Work required: Extract, unchanged, every line from the top of the material below through the line with "Gone asked path ((path_exists", and no more.
• • • •
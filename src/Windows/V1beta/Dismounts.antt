-- ===== src/Windows/V1beta/Dismounts.antt =====
-- mount-manager/safe-mounter-v1beta_windows.go: what `UnmountDevice` has done.
use csi_runtime.Base.{String, ◌≡◌, refl, Bool, true, false, List, [], ◌∷◌, ok, ℤ, ap}
use csi_runtime.Base.Prog.{succeed}
use csi_runtime.Base.Exec.{exec}
use csi_runtime.Base.Yields.{
  Newest, Yields-newest, Yields, Yields->>=, Yields-ask, Yields-ret, Yields-when,
}
use csi_runtime.Text.Decimal.{format_int}
use csi_runtime.Windows.Proxy.{Paths}
use csi_runtime.Windows.V1beta.{unmount_device, dismount, exists_path}
use csi_runtime.Windows.V1beta.Calls.{
  plugin, path_exists, set_attach_state, rmdir, get_volume_id_from_mount, dismount_volume,
  get_volume_disk_number, Event, Oracle,
}

-- The volume at the path was unmounted, the path removed, and the disk of the volume set offline.
abbrev pub Dismounted : String → List Event → Type 0
Dismounted path
      ((set_attach_state n false, ok _)
        ∷ (get_volume_disk_number v, ok m)
        ∷ (rmdir p plugin forced, ok _)
        ∷ (dismount_volume w t, ok _)
        ∷ (get_volume_id_from_mount t', ok u)
        ∷ h) =
    (n ≡ format_int m) × (u ≡ v) × (w ≡ v) × (p ≡ path) × (t ≡ path) × (t' ≡ path) × (forced ≡ true)
Dismounted path _ = ⊥

-- There was nothing at the path, or it was dismounted.
abbrev pub Gone : String → String → List Event → Type 0
Gone asked path ((path_exists p, ok false) ∷ h) = p ≡ asked
Gone asked path h = Dismounted path h

abbrev dismounting : String → String → ℤ → List Event → List Event
dismounting target v m es =
    (set_attach_state (format_int m) false, ok tt)
    ∷ (get_volume_disk_number v, ok m)
    ∷ (rmdir target plugin true, ok tt)
    ∷ (dismount_volume v target, ok tt)
    ∷ (get_volume_id_from_mount target, ok v)
    ∷ es

dismounting-Gone :
    (asked target v : String) (m : ℤ) (es h : List Event)
    → Newest (dismounting target v m es) h
    → Gone asked target h
dismounting-Gone asked target v m es h n = rw (n.newest) (refl, refl, refl, refl, refl, refl, refl)

module _ (paths : Paths) where
  dismounts :
      (asked target : String) (es : List Event)
      → Yields (Newest es) (dismount paths target) (λ _. Gone asked target)
  unfolding dismount
  dismounts asked target es =
      Yields->>= _ _ (Yields-newest (get_volume_id_from_mount target) es) λ v.
        Yields->>= _ _ (Yields-newest (dismount_volume v target) _) λ _.
          Yields->>= _ _ (Yields-newest (rmdir target plugin true) _) λ _.
            Yields->>= _ _ (Yields-newest (get_volume_disk_number v) _) λ m.
              Yields-ask (set_attach_state (format_int m) false) {Q = λ _. Gone asked target}
                λ h u n. dismounting-Gone asked target v m es _ (record {
                  before = n.before;
                  newest = ap (λ x. (set_attach_state (format_int m) false, ok tt) ∷ x) n.newest;
                })

  not_there :
      (b : Bool) (p path : String) (h : List Event)
      → Newest ((path_exists p, ok b) ∷ []) h
      → b ≡ false
      → Gone p path h
  not_there b p path h n e = rw (n.newest, e) refl

  -- When `UnmountDevice` succeeds, there was nothing at the path, or its volume was unmounted, the
  -- path removed by force and the disk of the volume set offline, in that order.
  unmount_device_ok_beta :
      (o : Oracle) (target : String) (h : List Event)
      → (exec o (unmount_device paths target) h).0 ≡ ok tt
      → Gone
          (paths.normalize (paths.normalize target))
          (paths.normalize target)
          (exec o (unmount_device paths target) h).1
  unfolding unmount_device exists_path succeed
  unmount_device_ok_beta o target h done =
      let at = paths.normalize target in
      let asked = paths.normalize at in
      (Yields->>= {S = λ _. Gone asked at} _ _ (Yields-newest (path_exists asked) []) λ b.
          Yields-when b _ _ (λ t. dismounts asked at _)
            (λ f. Yields-ret _ λ h' u n e. not_there b asked at h' n f)).yields
        o h tt (record { before = h; newest = refl }) done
• • • •
Task response:
filename src/Windows/V1beta/Dismounts.antt
-- ===== src/Windows/V1beta/Dismounts.antt =====
-- mount-manager/safe-mounter-v1beta_windows.go: what `UnmountDevice` has done.
use csi_runtime.Base.{String, ◌≡◌, refl, Bool, true, false, List, [], ◌∷◌, ok, ℤ, ap}
use csi_runtime.Base.Prog.{succeed}
use csi_runtime.Base.Exec.{exec}
use csi_runtime.Base.Yields.{
  Newest, Yields-newest, Yields, Yields->>=, Yields-ask, Yields-ret, Yields-when,
}
use csi_runtime.Text.Decimal.{format_int}
use csi_runtime.Windows.Proxy.{Paths}
use csi_runtime.Windows.V1beta.{unmount_device, dismount, exists_path}
use csi_runtime.Windows.V1beta.Calls.{
  plugin, path_exists, set_attach_state, rmdir, get_volume_id_from_mount, dismount_volume,
  get_volume_disk_number, Event, Oracle,
}

-- The volume at the path was unmounted, the path removed, and the disk of the volume set offline.
abbrev pub Dismounted : String → List Event → Type 0
Dismounted path
      ((set_attach_state n false, ok _)
        ∷ (get_volume_disk_number v, ok m)
        ∷ (rmdir p plugin forced, ok _)
        ∷ (dismount_volume w t, ok _)
        ∷ (get_volume_id_from_mount t', ok u)
        ∷ h) =
    (n ≡ format_int m) × (u ≡ v) × (w ≡ v) × (p ≡ path) × (t ≡ path) × (t' ≡ path) × (forced ≡ true)
Dismounted path _ = ⊥

-- There was nothing at the path, or it was dismounted.
abbrev pub Gone : String → String → List Event → Type 0
Gone asked path ((path_exists p, ok false) ∷ h) = p ≡ asked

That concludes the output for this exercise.